Coronavirus and what township officials need to know
The COVID-19 situation is changing seemingly minute to minute, and information and updates are coming in rapidly. MTA is committed to keeping our member townships updated as quickly as we can, providing answers to your questions, and access to the resources and information that you need. In addition the key topics and issues, we have assembled links and information (found below) to critical state and federal departments and agencies, such as the Michigan Department of Health and Human Services, Centers for Disease Control and Prevention, Executive Orders from Gov.
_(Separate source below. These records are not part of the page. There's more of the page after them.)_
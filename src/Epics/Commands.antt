-- ===== src/Epics/Commands.antt =====
-- What the two commands that set a minimum level do to the logger.
use epics_logfile.Base.{
  ℕ, ◌≡◌, ◌≢◌, ◌⊎◌, refl, inl, inr, false, List, [], ◌∷◌, ◌++◌, none, some, Bytes, codes, ok, throw,
  ◌==◌, invalid_argument, arith, Option-cases, Bool-cases,
}
use epics_logfile.Base.Map.{nat_key, bytes_key, find}
use epics_logfile.Level.{
  Level, level_name, level_by_name, all_levels, level_names, name_at, level_eq, level_lt, severity,
}
use epics_logfile.Level.Laws.{level_by_name_exact}
use epics_logfile.OutputStream.{OutputStream}
use epics_logfile.LogThread.{LogThread, store}
use epics_logfile.Registry.{SubsystemInfo, Registry, find_name, find_subsystem}
use epics_logfile.Registry.Laws.{set_subsystem_min_log_level_lem}
use epics_logfile.Logger.{Logger, set_stream_min_log_level, set_level_at}
use epics_logfile.Epics.{
  level_lines, set_stream_level, unknown_level, set_level_or_complain, logfile_set_min_level,
  set_subsystem_level, set_named_subsystem, logfile_set_subsystem_min_level,
}

abbrev no_stream_text : Bytes → Bytes
no_stream_text stream = codes "Unknown output stream '" ++ (stream ++ codes "'\n")

abbrev no_level_text : Bytes → Bytes → Bytes
no_level_text level lines =
    codes "Unknown log level '" ++ (level ++ (codes "'\nKnown levels are:" ++ lines))

level_lines-ok : (lines : Bytes) × (level_lines all_levels ≡ ok lines)
unfolding level_lines all_levels level_names level_name name_at level_eq level_lt severity
level_lines-ok = (_, refl)

module _ {S : Type 0} (stream level : Bytes) (l : Logger S) (t : LogThread S) where
  -- The command sets the level of just this stream, writes nothing, ...
  abbrev pub Sets : Type 0
  Sets =
      (m : Level) × (a : ℕ) × (o : OutputStream S) × (level_by_name level ≡ ok m)
      × (find stream t.streams ≡ some a)
      × (t.heap a ≡ some o)
      × (logfile_set_min_level (some stream) (some level) l
          ≡ some (
            record l {
              thread =
                  some (record t { heap = store t.heap a (some (record o { min_log_level = m })) });
            },
            [],
          ))

  -- ... or it changes nothing and writes that there is no such stream, ...
  abbrev pub NoStream : Type 0
  NoStream =
      (m : Level) × (level_by_name level ≡ ok m)
      × (find stream t.streams ≡ none)
      × (logfile_set_min_level (some stream) (some level) l ≡ some (l, no_stream_text stream))

  -- ... or no such level, with the names of all levels.
  abbrev pub NoLevel : Type 0
  NoLevel =
      (lines : Bytes) × ((m : Level) → level_name m ≢ ok level)
      × (level_lines all_levels ≡ ok lines)
      × (logfile_set_min_level (some stream) (some level) l ≡ some (l, no_level_text level lines))

  -- On a running logger in which no stream of this name is deleted, logSetMinLevel with both
  -- arguments sets the level of just that stream and writes nothing, or it changes nothing: then it
  -- writes that there is no such stream, or that there is no such level, and all the levels' names.
  pub logfile_set_min_level_lem :
      l.thread ≡ some t
      → ((a : ℕ) → find stream t.streams ≡ some a → (o : OutputStream S) × (t.heap a ≡ some o))
      → Sets ⊎ (NoStream ⊎ NoLevel)
  unfolding logfile_set_min_level
  logfile_set_min_level_lem run live = elim (level_by_name_exact level) [
    | inl (m, known, name) ↦ elim (Option-cases (find stream t.streams)) [
      | inl free ↦ inr (
          inl (
            m,
            known,
            free,
            rw (known, set_level_or_complain)
                (rw (run, set_stream_level) (rw (free, set_stream_min_log_level) refl)),
          ))
      | inr (a, hit) ↦
          let (o, there) = live a hit in
          inl (
            m,
            a,
            o,
            known,
            hit,
            there,
            rw (known, set_level_or_complain)
                (rw (run, set_stream_level)
                  (rw (hit, set_stream_min_log_level) (rw (there, set_level_at) refl))),
          )
    ]
    | inr (unknown, none_named) ↦
        let (lines, el) = level_lines-ok in
        inr (
          inr (
            lines,
            none_named,
            el,
            rw (unknown, set_level_or_complain) (rw (el, unknown_level) refl),
          ))
  ]

-- The first id of a name is the key of an entry.
find_name-find :
    (name : Bytes) (m : List (ℕ × SubsystemInfo)) (id : ℕ)
    → find_name name m ≡ some id
    → (info : SubsystemInfo) × (find id m ≡ some info)
unfolding find_name find
find_name-find name [] id h = ground arith
find_name-find name ((j, info) ∷ m) id h = elim (Bool-cases (j == id)) [
  | inl same ↦ (info, rw same refl)
  | inr other ↦
      let later : find_name name m ≡ some id = ground arith in
      let (found, there) = find_name-find name m id later in (found, rw other there)
]

not_found :
    (name : Bytes) (r : Registry)
    → find_name name r.subsystems ≡ none
    → find_subsystem name r ≡ throw (invalid_argument (codes "Unknown subsystem name."))
unfolding find_subsystem
not_found name r h = rw h refl

found_id :
    (name : Bytes) (r : Registry) (id : ℕ)
    → find_name name r.subsystems ≡ some id
    → find_subsystem name r ≡ ok id
unfolding find_subsystem
found_id name r id h = rw h refl

both :
    (id : ℕ) (m : List (ℕ × SubsystemInfo)) {info : SubsystemInfo}
    → find id m ≡ none
    → find id m ≡ some info
    → ⊥
both id m a b = ground arith

module _ {S : Type 0} (subsystem level : Bytes) (l : Logger S) where
  -- On a logger with this level and subsystem, the command sets the subsystem's level.
  abbrev SetsSubsystem : Type 0
  SetsSubsystem =
      (m : Level) × (id : ℕ) × (info : SubsystemInfo) × (r : Registry) × (level_by_name level
        ≡ ok m)
      × (find_subsystem subsystem l.registry ≡ ok id)
      × (find id l.registry.subsystems ≡ some info)
      × (logfile_set_subsystem_min_level (some subsystem) (some level) l
          ≡ some (record l { registry = r }, []))
      × (find id r.subsystems ≡ some (record { name = info.name; min_level = m }))
      × ((j : ℕ) → (id == j) ≡ false → find j r.subsystems ≡ find j l.registry.subsystems)

  -- logSetSubsystemMinLevel with both arguments never fails and never writes a message. If there is
  -- such a level and such a subsystem, that subsystem has the level and its old name, and all
  -- others are as before. Otherwise nothing is changed.
  logfile_set_subsystem_min_level_lem :
      SetsSubsystem
      ⊎ ((((m : Level) → level_name m ≢ ok level)
            ⊎ (find_name subsystem l.registry.subsystems ≡ none))
          × (logfile_set_subsystem_min_level (some subsystem) (some level) l ≡ some (l, [])))
  unfolding logfile_set_subsystem_min_level
  logfile_set_subsystem_min_level_lem = elim (level_by_name_exact level) [
    | inr (unknown, none_named) ↦ inr (inl none_named, rw (unknown, set_named_subsystem) refl)
    | inl (m, known, name) ↦ elim (Option-cases (find_name subsystem l.registry.subsystems)) [
      | inl missing ↦ inr (
        inr missing,
        rw (known, set_named_subsystem)
            (rw (not_found subsystem l.registry missing, set_subsystem_level) refl),
      )
      | inr (id, hit) ↦
          let (info, there) = find_name-find subsystem l.registry.subsystems id hit in
          let found = found_id subsystem l.registry id hit in
          elim (set_subsystem_min_log_level_lem id m l.registry) [
            | inl (gone, fault) ↦ absurd (both id l.registry.subsystems gone there)
            | inr (old, r, at, done, new, others, free) ↦ inl (
              m,
              id,
              old,
              r,
              known,
              found,
              at,
              rw (known, set_named_subsystem) (rw (found, set_subsystem_level) (rw done refl)),
              new,
              others,
            )
          ]
    ]
  ]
Gretchen Whitmer and more. We are continually updating and providing new sources of information for our member officials, so check back often and follow MTA’s COVID-19 update emails and publications for further updates.
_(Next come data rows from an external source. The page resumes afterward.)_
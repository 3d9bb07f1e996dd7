-- ===== src/Examples.antt =====
-- Tests, and the theorems at concrete inputs: the data that they share.
mod Delivery
mod Sinks
mod Texts
mod Network
mod Setup
mod Threads
mod Console
mod Server
mod Exchange
mod Shutdown
use epics_logfile.Base.{ℕ, Bool, true, List, [], ◌∷◌, none, some, Bytes, codes}
use epics_logfile.Level.{Level, fine, info, severe}
use epics_logfile.Event.{LogEvent}
use epics_logfile.OutputStream.{StreamClass, OutputStream}
use epics_logfile.LogThread.{LogThread, store}

abbrev pub event : Level → ℕ → LogEvent
event l t = record {
  level = l;
  subsystem = 0;
  message = codes "hi";
  time = t;
  function = codes "main";
  subsystem_string = codes "app";
  time_string = [];
}

-- A sink that works while its state is `true`.
abbrev pub switch : StreamClass Bool
switch = record {
  do_write = λ e s. (s, s);
  name = λ s. codes "switch";
  retry_time = λ s. 30;
  destructor = λ s. true;
}

abbrev pub no_date : ℕ → Bytes
no_date t = codes "now"

-- A recording stream that lets `fine` and above through.
abbrev pub stream : Bool → OutputStream (Bool × List LogEvent)
stream works = record { min_log_level = fine; sink = (works, []) }

-- One stream, at address 1.
abbrev pub thread : Bool → List LogEvent → LogThread (Bool × List LogEvent)
thread works es = record {
  heap = store (λ b. none) 1 (some (stream works));
  streams = (codes "stdout", 1) ∷ [];
  events = es;
  do_terminate = true;
  max_event_queue_size = 0;
  retry_map = [];
}
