-- ===== src/Stdout/Stoi.antt =====
-- std::stoi of the standard library, as output_stream_stdout.cpp calls it: blanks, a sign, then as
-- many digits as there are.
use epics_logfile.Base.{
  ℕ, ◌+◌, ◌-◌, ◌^◌, Bool, true, false, ◌&&◌, not, [], ◌∷◌, Bytes, codes, length, drop, ltb, ◌==◌,
  if◌then◌else◌, Result, ok, throw, invalid_argument, out_of_range, is_empty,
}
use epics_logfile.Base.Decimal.{is_digit, is_space, digits_value}

-- An int.
pub record Parsed : Type 0 where
  pub negative : Bool
  pub magnitude : ℕ

unfoldable pub is_negative : Parsed → Bool
is_negative n = n.negative && not (n.magnitude == 0)

-- s[i], for i < s.size().
abbrev pub byte_at : ℕ → Bytes → ℕ
byte_at i s = elim (drop i s) [ [] ↦ 0 | c ∷ cs ↦ c ]

unfoldable pub blanks : Bytes → ℕ
unfolding is_space
blanks [] = 0
blanks (c ∷ cs) = let rest = blanks cs in if is_space c then 1 + rest else 0

unfoldable pub digits : Bytes → Bytes
digits [] = []
digits (c ∷ cs) = let rest = digits cs in if is_digit c then c ∷ rest else []

-- The digits after `before` bytes, the sign among them.
unfoldable pub stoi_digits : Bool → ℕ → Bytes → Result (Parsed × ℕ)
unfolding digits_value
stoi_digits negative before ds =
    if is_empty ds
    then throw (invalid_argument (codes "stoi"))
    else if ltb (if negative then 2 ^ 31 else 2 ^ 31 - 1) (digits_value 0 ds)
    then throw (out_of_range (codes "stoi"))
    else ok (record { negative = negative; magnitude = digits_value 0 ds }, before + length ds)

unfoldable pub stoi_signed : ℕ → Bytes → Result (Parsed × ℕ)
unfolding digits stoi_digits
stoi_signed before [] = throw (invalid_argument (codes "stoi"))
stoi_signed before (c ∷ cs) =
    if c == b'-'
    then stoi_digits true (before + 1) (digits cs)
    else if c == b'+'
    then stoi_digits false (before + 1) (digits cs)
    else stoi_digits false before (digits (c ∷ cs))

-- The value, and the number of bytes read.
unfoldable pub stoi : Bytes → Result (Parsed × ℕ)
unfolding blanks stoi_signed
stoi s = stoi_signed (blanks s) (drop (blanks s) s)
- Executive Order 2020-21: Temporary requirement to suspend activities that are not necessary to sustain or protect life (Read FAQs about the “Stay Home, Stay Safe” executive order here and the CISA Memo on Identification of Essential Critical Infrastructure Workers During COVID-19 Response (March 20, 2020))
- NEW! How-to videos on how to hold an audio conference or a video conferencing (Thanks to The Shumaker Technology Group for putting these together for us, as well as this PDF guide to Zoom!)
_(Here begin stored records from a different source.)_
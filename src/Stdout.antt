-- ===== src/Stdout.antt =====
-- output_stream_stdout.h, output_stream_stdout.cpp: the sink that writes coloured lines to a
-- std::ostream, where SuS_HAS_COLOR and COLOR_ENTIRE_LINE are defined.
pub mod Stoi
pub mod Environment
pub mod Columns
use epics_logfile.Base.{
  ℕ, ◌+◌, ◌-◌, Bool, true, false, ◌&&◌, ◌||◌, not, List, [], ◌∷◌, ◌++◌, Option, none, some, Bytes,
  codes, length, take, replicate, ltb, leb, ◌==◌, if◌then◌else◌, Result, ok, throw, ◌>>=◌, substr,
  substr_from, is_empty, bytes_eq, Exception, invalid_argument, out_of_range, runtime_error,
}
use epics_logfile.Base.Decimal.{pad_right}
use epics_logfile.Level.{
  Level, finest, finer, fine, config, info, warning, severe, name_at, level_name,
}
use epics_logfile.Event.{LogEvent}
use epics_logfile.OutputStream.{StreamClass}
use epics_logfile.Stdout.Stoi.{Parsed, stoi, byte_at, is_negative}

-- The tables that m_colors can point to.
pub data Colors : Type 0 where
  s_colors s_colors256dark s_colors256light : Colors

-- "\033[" ++ code ++ "m".
abbrev pub escape : Bytes → Bytes
escape code = 27 ∷ codes "[" ++ code ++ codes "m"

abbrev upper_colors : List (Level × Bytes)
upper_colors =
    (config, escape (codes "32"))
    ∷ (info, escape (codes "33"))
    ∷ (warning, escape (codes "31"))
    ∷ (severe, escape (codes "1;31"))
    ∷ []

table : Colors → List (Level × Bytes)
table s_colors =
    (finest, escape (codes "37")) ∷ (finer, escape (codes "37")) ∷ (fine, []) ∷ upper_colors
table s_colors256dark =
    (finest, escape (codes "38;5;240"))
    ∷ (finer, escape (codes "38;5;244"))
    ∷ (fine, escape (codes "38;5;248"))
    ∷ upper_colors
table s_colors256light =
    (finest, escape (codes "38;5;248"))
    ∷ (finer, escape (codes "38;5;244"))
    ∷ (fine, escape (codes "38;5;240"))
    ∷ upper_colors

-- m_colors->at(_l).
unfoldable pub color_at : Colors → Level → Result Bytes
unfolding table
color_at m_colors l = name_at l (table m_colors)

-- The try block from the second std::stoi on.
read_background : Bytes → Result Colors
unfolding is_negative
read_background bg = do
  (color_bg, next) ← stoi bg
  ok (
      if not (next == length bg)
      then s_colors256dark
      else if is_negative color_bg
      then s_colors256dark
      else if color_bg.magnitude == 7 || ltb 9 color_bg.magnitude
      then s_colors256light
      else s_colors256dark)

-- The try block: m_colors after it. It is s_colors256dark before.
read_fgbg : Bytes → Result Colors
unfolding is_negative read_background
read_fgbg fgbg = do
  (color_fg, next) ← stoi fgbg
  (if next == length fgbg
      then ok s_colors256dark
      else if not (byte_at next fgbg == b';')
      then ok s_colors256dark
      else if is_negative color_fg
      then ok s_colors256dark
      else read_background (substr_from fgbg (next + 1)))

-- catch (std::invalid_argument &): m_colors stays as it is.
abbrev ignore_invalid : Result Colors → Result Colors
ignore_invalid (ok c) = ok c
ignore_invalid (throw (invalid_argument what)) = ok s_colors256dark
ignore_invalid (throw (runtime_error what)) = throw (runtime_error what)
ignore_invalid (throw (out_of_range what)) = throw (out_of_range what)

init_colors256 : Option Bytes → Result Colors
unfolding read_fgbg
init_colors256 none = ok s_colors256dark
init_colors256 (some fgbg) = ignore_invalid (read_fgbg fgbg)

-- init_colors; `term` and `colorfgbg` are what ::getenv gives for TERM and COLORFGBG.
unfoldable pub init_colors : Option Bytes → Option Bytes → Result Colors
unfolding init_colors256
init_colors none colorfgbg = ok s_colors
init_colors (some term) colorfgbg =
    if ltb (length term) 9 || not (bytes_eq (substr term (length term - 9) 9) (codes "-256color"))
    then ok s_colors
    else init_colors256 colorfgbg

-- m_stream: whether it is good(), and what its device has taken.
pub record Ostream : Type 0 where
  pub good : Bool
  pub text : Bytes

pub record Stdout : Type 0 where
  pub m_colors : Colors
  pub m_name : Bytes
  pub m_stream : Ostream

-- The constructor.
new_stdout : Option Bytes → Option Bytes → Bytes → Ostream → Result Stdout
unfolding init_colors
new_stdout term colorfgbg name stream = do
  colors ← init_colors term colorfgbg
  ok (record {
    m_colors = colors;
    m_name = if is_empty name then codes "stdout" else name;
    m_stream = stream;
  })

-- subsystem.resize(8, ' ').
unfoldable pub resize : ℕ → ℕ → Bytes → Bytes
resize n c s = take n s ++ replicate (n - length s) c

-- The text that is put into the std::stringstream.
unfoldable pub line : Colors → LogEvent → Result Bytes
unfolding color_at resize
line m_colors e = do
  color ← color_at m_colors e.level
  name ← level_name e.level
  ok (
      color
      ++ (e.time_string
          ++ (codes " ["
              ++ (pad_right b' ' 7 name
                  ++ (codes "] ["
                      ++ (resize 8 b' ' e.subsystem_string
                          ++ (codes "] " ++ (e.message ++ (escape (codes "0") ++ codes "\n")))))))))

-- m_stream << msg, with a device that takes `msg` whole or not at all. A stream that is not good
-- takes nothing, and nothing here makes it good again.
unfoldable pub put : (Bytes → Bytes → Bool) → Bytes → Ostream → Ostream
put takes msg o =
    if o.good
    then (if takes o.text msg then record o { text = o.text ++ msg } else record o { good = false })
    else o

unfoldable pub put_line : (Bytes → Bytes → Bool) → Bytes → Stdout → Bool × Stdout
unfolding put
put_line takes msg s = let o = put takes msg s.m_stream in (o.good, record s { m_stream = o })

unfoldable pub do_write : (Bytes → Bytes → Bool) → LogEvent → Stdout → Result (Bool × Stdout)
unfolding put_line line
do_write takes e s = do msg ← line s.m_colors e; ok (put_line takes msg s)

-- name and retry_time.
unfoldable pub name : Stdout → Bytes
name s = s.m_name

unfoldable pub retry_time : Stdout → ℕ
retry_time s = 10

abbrev pub caught : Stdout → Result (Bool × Stdout) → Bool × Stdout
caught s (ok r) = r
caught s (throw x) = (false, s)

-- The class, for the threads that use it. do_write does not throw, as every level has a name and a
-- colour in each table.
unfoldable pub stdout_class : (Bytes → Bytes → Bool) → StreamClass Stdout
unfolding do_write name retry_time
stdout_class takes = record {
  do_write = λ e s. caught s (do_write takes e s);
  name = name;
  retry_time = retry_time;
  destructor = λ s. true;
}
- MTA Document on Approving Expenditures (includes sample post audit policy)
- MTA Guidelines for Conducting Meetings under Executive Order 2020-15 and the Open Meetings Act
- MTA Virtual Meeting Resources for Public Meetings
- Bureau of Fire Services: FAQ for Fire Departments
- AG Nessel Provides Guidance on Executive Orders Violations
- MTA’s Office Protocols
- COVID-19 and the 2020 Census
- Extension of county canvass deadlines for 2020 Presidential Primary Election
- Enhanced authorization of remote means for carrying out state administrative procedures
- Temporary expansions in unemployment eligibility and cost-sharing
- Gov. Whitmer calls for water reconnections statewide and establishes fund to help communities comply
- Sample electronic meeting notices for township board meetings, special board meetings (including with a public hearing), and planning commission and authority board meetings (link to Word.doc)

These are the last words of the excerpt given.